What the exercise asks = Without changing a single word, write out every entry.

--- START ---

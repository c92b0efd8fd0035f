-- ===== src/Encoders/Rotary.antt =====
-- src/encoders.c: the movement of an encoder, `process_encoder_input_rotary` and what it calls. The movement
-- `new_value` is a signed byte; the packets that are sent are returned. The two functions that
-- the source computes in floating point are parameters.
use midi_fighter_twister_ope.Base.{
  ℕ, ◌+◌, ◌-◌, ◌*◌, Bool, true, ◌&&◌, ◌||◌, not, Option, none, some, List, [], ◌∷◌, ltb, leb, ◌==◌,
  if◌then◌else◌, u8, u16, bit_and,
}
use midi_fighter_twister_ope.Midi.{EventPacket, midi_stream_raw_cc, midi_stream_raw_note}
use midi_fighter_twister_ope.Settings.{EncoderConfig}
use midi_fighter_twister_ope.Encoders.{
  Encoders, assign, assign_cell, less_int8, less_int16, extend, enc_fine_adjust, send_note, send_cc,
  send_switch_vel_control, direct, velocity_sensitive_enc, encoder_is_in_shift_state,
  scale_encoder_value, clamp_encoder_raw_value, encoder_is_in_detent, encoder_is_in_deadzone,
  is_relative,
}

-- `g_detent_size` and `g_dead_zone_size`, and their negatives as signed bytes.
abbrev pub detent_size : ℕ
detent_size = 8

abbrev pub minus_detent_size : ℕ
minus_detent_size = 0xf8

abbrev pub dead_zone_size : ℕ
dead_zone_size = 2

abbrev pub minus_dead_zone_size : ℕ
minus_dead_zone_size = 0xfe

-- `none` if the function returns false and has done nothing.
unfoldable pub process_encoder_input_rotary_detent : Encoders → ℕ → ℕ → ℕ → ℕ → Option Encoders
unfolding encoder_is_in_detent
process_encoder_input_rotary_detent s i virtual_encoder_id banked_encoder_id new_value =
    let cfg = s.encoder_settings banked_encoder_id in
    let counter : ℕ = u8 (s.encoder_detent_counter i + new_value) in
    let counted : Encoders = record s {
      encoder_detent_counter = assign s.encoder_detent_counter i counter;
    } in
    if cfg.has_detent == 0
    then none
    else if not (encoder_is_in_detent (s.raw_encoder_value virtual_encoder_id))
    then none
    else if less_int8 detent_size counter
    then some
        record counted { raw_encoder_value = assign s.raw_encoder_value virtual_encoder_id 6450 }
    else if less_int8 counter minus_detent_size
    then some
        record counted { raw_encoder_value = assign s.raw_encoder_value virtual_encoder_id 6240 }
    else some record counted {
      indicator_value_buffer = assign_cell s.indicator_value_buffer s.encoder_bank i 63;
    }

unfoldable pub process_encoder_input_rotary_deadzone : Encoders → ℕ → ℕ → ℕ → ℕ → Option Encoders
unfolding encoder_is_in_deadzone is_relative
process_encoder_input_rotary_deadzone s i virtual_encoder_id banked_encoder_id new_value =
    let raw : ℕ = s.raw_encoder_value virtual_encoder_id in
    let is_inward =
      (less_int16 raw 100 && less_int8 0 new_value)
      || (less_int16 12600 raw && less_int8 new_value 0) in
    let counter : ℕ =
      if is_inward
      then u8 (s.encoder_detent_counter i + new_value)
      else s.encoder_detent_counter i in
    let leave = λ (value : ℕ). some record s {
      encoder_detent_counter = assign s.encoder_detent_counter i 0;
      raw_encoder_value = assign s.raw_encoder_value virtual_encoder_id value;
    } in
    if is_relative (s.encoder_settings banked_encoder_id)
    then none
    else if not (encoder_is_in_deadzone raw)
    then none
    else if less_int8 dead_zone_size counter && less_int16 raw 100
    then leave 100
    else if less_int8 counter minus_dead_zone_size && less_int16 12600 raw
    then leave 12600
    else some record s { encoder_detent_counter = assign s.encoder_detent_counter i counter }

-- `fine_adj`, and the test before the fine relative movement.
abbrev pub is_fine : Encoders → EncoderConfig → ℕ → Bool
is_fine s cfg bit =
    (cfg.switch_action_type == enc_fine_adjust) && not (bit_and s.enc_switch_state bit == 0)

-- The channel of an encoder in its state.
abbrev pub channel_of : EncoderConfig → Bool → ℕ
channel_of cfg shifted =
    if shifted then cfg.encoder_shift_midi_channel else cfg.encoder_midi_channel

-- `convert_ticks_per_scan_to_value_multiplier`, and `(uint16_t)(step * (float)(value - global_super_knob_start))`.
module _ (convert_ticks : ℕ → ℕ → ℕ) (secondary : ℕ → ℕ) (global_super_knob_start : ℕ) where
  -- The multiplier of a movement.
  unfoldable pub base_multiplier : Encoders → EncoderConfig → ℕ → ℕ → ℕ → ℕ
  base_multiplier s cfg new_value bit cycle_count =
      let tick_count : ℕ = if less_int8 new_value 0 then u8 (256 - new_value) else new_value in
      let multiplier = convert_ticks tick_count cycle_count in
      if cfg.movement == velocity_sensitive_enc
      then if is_fine s cfg bit || ltb multiplier 25
        then 25
        else if ltb 255 multiplier
        then 255
        else multiplier
      else if is_fine s cfg bit
      then 25
      else if cfg.movement == direct
      then 100
      else 178

  unfoldable pub send_encoder_midi : Encoders → ℕ → ℕ → Bool → List EventPacket
  unfolding midi_stream_raw_cc midi_stream_raw_note
  send_encoder_midi s banked_encoder_idx value shifted =
      let cfg = s.encoder_settings banked_encoder_idx in
      let midi_channel = channel_of cfg shifted in
      let calculated : ℕ = if leb global_super_knob_start value then secondary value else 0 in
      let secondary_value : ℕ = if ltb 127 calculated then 127 else calculated in
      if (cfg.encoder_midi_type == send_cc) || (cfg.encoder_midi_type == send_switch_vel_control)
      then midi_stream_raw_cc midi_channel cfg.encoder_midi_number value
        ∷ (if cfg.is_super_knob == 0
            then []
            else midi_stream_raw_cc midi_channel (u8 (cfg.encoder_midi_number + 64))
                (u8 secondary_value)
              ∷ [])
      else if cfg.encoder_midi_type == send_note
      then midi_stream_raw_note midi_channel cfg.encoder_midi_number true value ∷ []
      else []

  unfoldable pub process_encoder_input_rotary_absolute :
      Encoders → ℕ → ℕ → ℕ → ℕ → ℕ → ℕ → Encoders × List EventPacket
  unfolding base_multiplier clamp_encoder_raw_value scale_encoder_value send_encoder_midi
  process_encoder_input_rotary_absolute s i virtual_encoder_id banked_encoder_id new_value bit
        cycle_count =
      let cfg = s.encoder_settings banked_encoder_id in
      let scaled_value : ℕ =
        u16 (extend new_value * base_multiplier s cfg new_value bit cycle_count) in
      let raw : ℕ =
        clamp_encoder_raw_value (u16 (s.raw_encoder_value virtual_encoder_id + scaled_value)) in
      let control_change_value = scale_encoder_value raw in
      let shifted = encoder_is_in_shift_state s s.encoder_bank i in
      (
        record s {
          raw_encoder_value = assign s.raw_encoder_value virtual_encoder_id raw;
          indicator_value_buffer =
              assign_cell s.indicator_value_buffer s.encoder_bank i control_change_value;
        },
        send_encoder_midi s banked_encoder_id control_change_value shifted,
      )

--- END ---

Output for this task =
repository c92b0efd8fd0035f
-- ===== src/Encoders/Rotary.antt =====
-- src/encoders.c: the movement of an encoder, `process_encoder_input_rotary` and what it calls. The movement
-- `new_value` is a signed byte; the packets that are sent are returned. The two functions that
-- the source computes in floating point are parameters.
use midi_fighter_twister_ope.Base.{
  ℕ, ◌+◌, ◌-◌, ◌*◌, Bool, true, ◌&&◌, ◌||◌, not, Option, none, some, List, [], ◌∷◌, ltb, leb, ◌==◌,
  if◌then◌else◌, u8, u16, bit_and,
}
use midi_fighter_twister_ope.Midi.{EventPacket, midi_stream_raw_cc, midi_stream_raw_note}
use midi_fighter_twister_ope.Settings.{EncoderConfig}
use midi_fighter_twister_ope.Encoders.{
  Encoders, assign, assign_cell, less_int8, less_int16, extend, enc_fine_adjust, send_note, send_cc,
  send_switch_vel_control, direct, velocity_sensitive_enc, encoder_is_in_shift_state,
  scale_encoder_value, clamp_encoder_raw_value, encoder_is_in_detent, encoder_is_in_deadzone,
  is_relative,
}

-- `g_detent_size` and `g_dead_zone_size`, and their negatives as signed bytes.
abbrev pub detent_size : ℕ
detent_size = 8

abbrev pub minus_detent_size : ℕ
minus_detent_size = 0xf8

abbrev pub dead_zone_size : ℕ
dead_zone_size = 2

abbrev pub minus_dead_zone_size : ℕ
minus_dead_zone_size = 0xfe

-- `none` if the function returns false and has done nothing.
unfoldable pub process_encoder_input_rotary_detent : Encoders → ℕ → ℕ → ℕ → ℕ → Option Encoders
unfolding encoder_is_in_detent
process_encoder_input_rotary_detent s i virtual_encoder_id banked_encoder_id new_value =
    let cfg = s.encoder_settings banked_encoder_id in
    let counter : ℕ = u8 (s.encoder_detent_counter i + new_value) in
    let counted : Encoders = record s {
      encoder_detent_counter = assign s.encoder_detent_counter i counter;
    } in
    if cfg.has_detent == 0
    then none
    else if not (encoder_is_in_detent (s.raw_encoder_value virtual_encoder_id))
    then none
    else if less_int8 detent_size counter
    then some
        record counted { raw_encoder_value = assign s.raw_encoder_value virtual_encoder_id 6450 }
    else if less_int8 counter minus_detent_size
    then some
        record counted { raw_encoder_value = assign s.raw_encoder_value virtual_encoder_id 6240 }
    else some record counted {
      indicator_value_buffer = assign_cell s.indicator_value_buffer s.encoder_bank i 63;
    }

unfoldable pub process_encoder_input_rotary_deadzone : Encoders → ℕ → ℕ → ℕ → ℕ → Option Encoders
unfolding encoder_is_in_deadzone is_relative
process_encoder_input_rotary_deadzone s i virtual_encoder_id banked_encoder_id new_value =
    let raw : ℕ = s.raw_encoder_value virtual_encoder_id in
    let is_inward =
      (less_int16 raw 100 && less_int8 0 new_value)
      || (less_int16 12600 raw && less_int8 new_value 0) in
    let counter : ℕ =
      if is_inward
      then u8 (s.encoder_detent_counter i + new_value)
      else s.encoder_detent_counter i in
    let leave = λ (value : ℕ). some record s {
      encoder_detent_counter = assign s.encoder_detent_counter i 0;
      raw_encoder_value = assign s.raw_encoder_value virtual_encoder_id value;
    } in
    if is_relative (s.encoder_settings banked_encoder_id)
    then none
    else if not (encoder_is_in_deadzone raw)
    then none
    else if less_int8 dead_zone_size counter && less_int16 raw 100
    then leave 100
    else if less_int8 counter minus_dead_zone_size && less_int16 12600 raw
    then leave 12600
    else some record s { encoder_detent_counter = assign s.encoder_detent_counter i counter }

-- `fine_adj`, and the test before the fine relative movement.
abbrev pub is_fine : Encoders → EncoderConfig → ℕ → Bool
is_fine s cfg bit =
    (cfg.switch_action_type == enc_fine_adjust) && not (bit_and s.enc_switch_state bit == 0)

-- The channel of an encoder in its state.
abbrev pub channel_of : EncoderConfig → Bool → ℕ
channel_of cfg shifted =
    if shifted then cfg.encoder_shift_midi_channel else cfg.encoder_midi_channel

-- `convert_ticks_per_scan_to_value_multiplier`, and `(uint16_t)(step * (float)(value - global_super_knob_start))`.
module _ (convert_ticks : ℕ → ℕ → ℕ) (secondary : ℕ → ℕ) (global_super_knob_start : ℕ) where
  -- The multiplier of a movement.
  unfoldable pub base_multiplier : Encoders → EncoderConfig → ℕ → ℕ → ℕ → ℕ
  base_multiplier s cfg new_value bit cycle_count =
      let tick_count : ℕ = if less_int8 new_value 0 then u8 (256 - new_value) else new_value in
      let multiplier = convert_ticks tick_count cycle_count in
      if cfg.movement == velocity_sensitive_enc
      then if is_fine s cfg bit || ltb multiplier 25
        then 25
        else if ltb 255 multiplier
        then 255
        else multiplier
      else if is_fine s cfg bit
      then 25
      else if cfg.movement == direct
      then 100
      else 178

  unfoldable pub send_encoder_midi : Encoders → ℕ → ℕ → Bool → List EventPacket
  unfolding midi_stream_raw_cc midi_stream_raw_note
  send_encoder_midi s banked_encoder_idx value shifted =
      let cfg = s.encoder_settings banked_encoder_idx in
      let midi_channel = channel_of cfg shifted in
      let calculated : ℕ = if leb global_super_knob_start value then secondary value else 0 in
      let secondary_value : ℕ = if ltb 127 calculated then 127 else calculated in
      if (cfg.encoder_midi_type == send_cc) || (cfg.encoder_midi_type == send_switch_vel_control)
      then midi_stream_raw_cc midi_channel cfg.encoder_midi_number value
        ∷ (if cfg.is_super_knob == 0
            then []
            else midi_stream_raw_cc midi_channel (u8 (cfg.encoder_midi_number + 64))
                (u8 secondary_value)
              ∷ [])
      else if cfg.encoder_midi_type == send_note
      then midi_stream_raw_note midi_channel cfg.encoder_midi_number true value ∷ []
      else []

  unfoldable pub process_encoder_input_rotary_absolute :
      Encoders → ℕ → ℕ → ℕ → ℕ → ℕ → ℕ → Encoders × List EventPacket
  unfolding base_multiplier clamp_encoder_raw_value scale_encoder_value send_encoder_midi
  process_encoder_input_rotary_absolute s i virtual_encoder_id banked_encoder_id new_value bit
        cycle_count =
      let cfg = s.encoder_settings banked_encoder_id in
      let scaled_value : ℕ =
        u16 (extend new_value * base_multiplier s cfg new_value bit cycle_count) in
      let raw : ℕ =
        clamp_encoder_raw_value (u16 (s.raw_encoder_value virtual_encoder_id + scaled_value)) in
      let control_change_value = scale_encoder_value raw in
      let shifted = encoder_is_in_shift_state s s.encoder_bank i in
      (
        record s {
          raw_encoder_value = assign s.raw_encoder_value virtual_encoder_id raw;
          indicator_value_buffer =
              assign_cell s.indicator_value_buffer s.encoder_bank i control_change_value;
        },
        send_encoder_midi s banked_encoder_id control_change_value shifted,
      )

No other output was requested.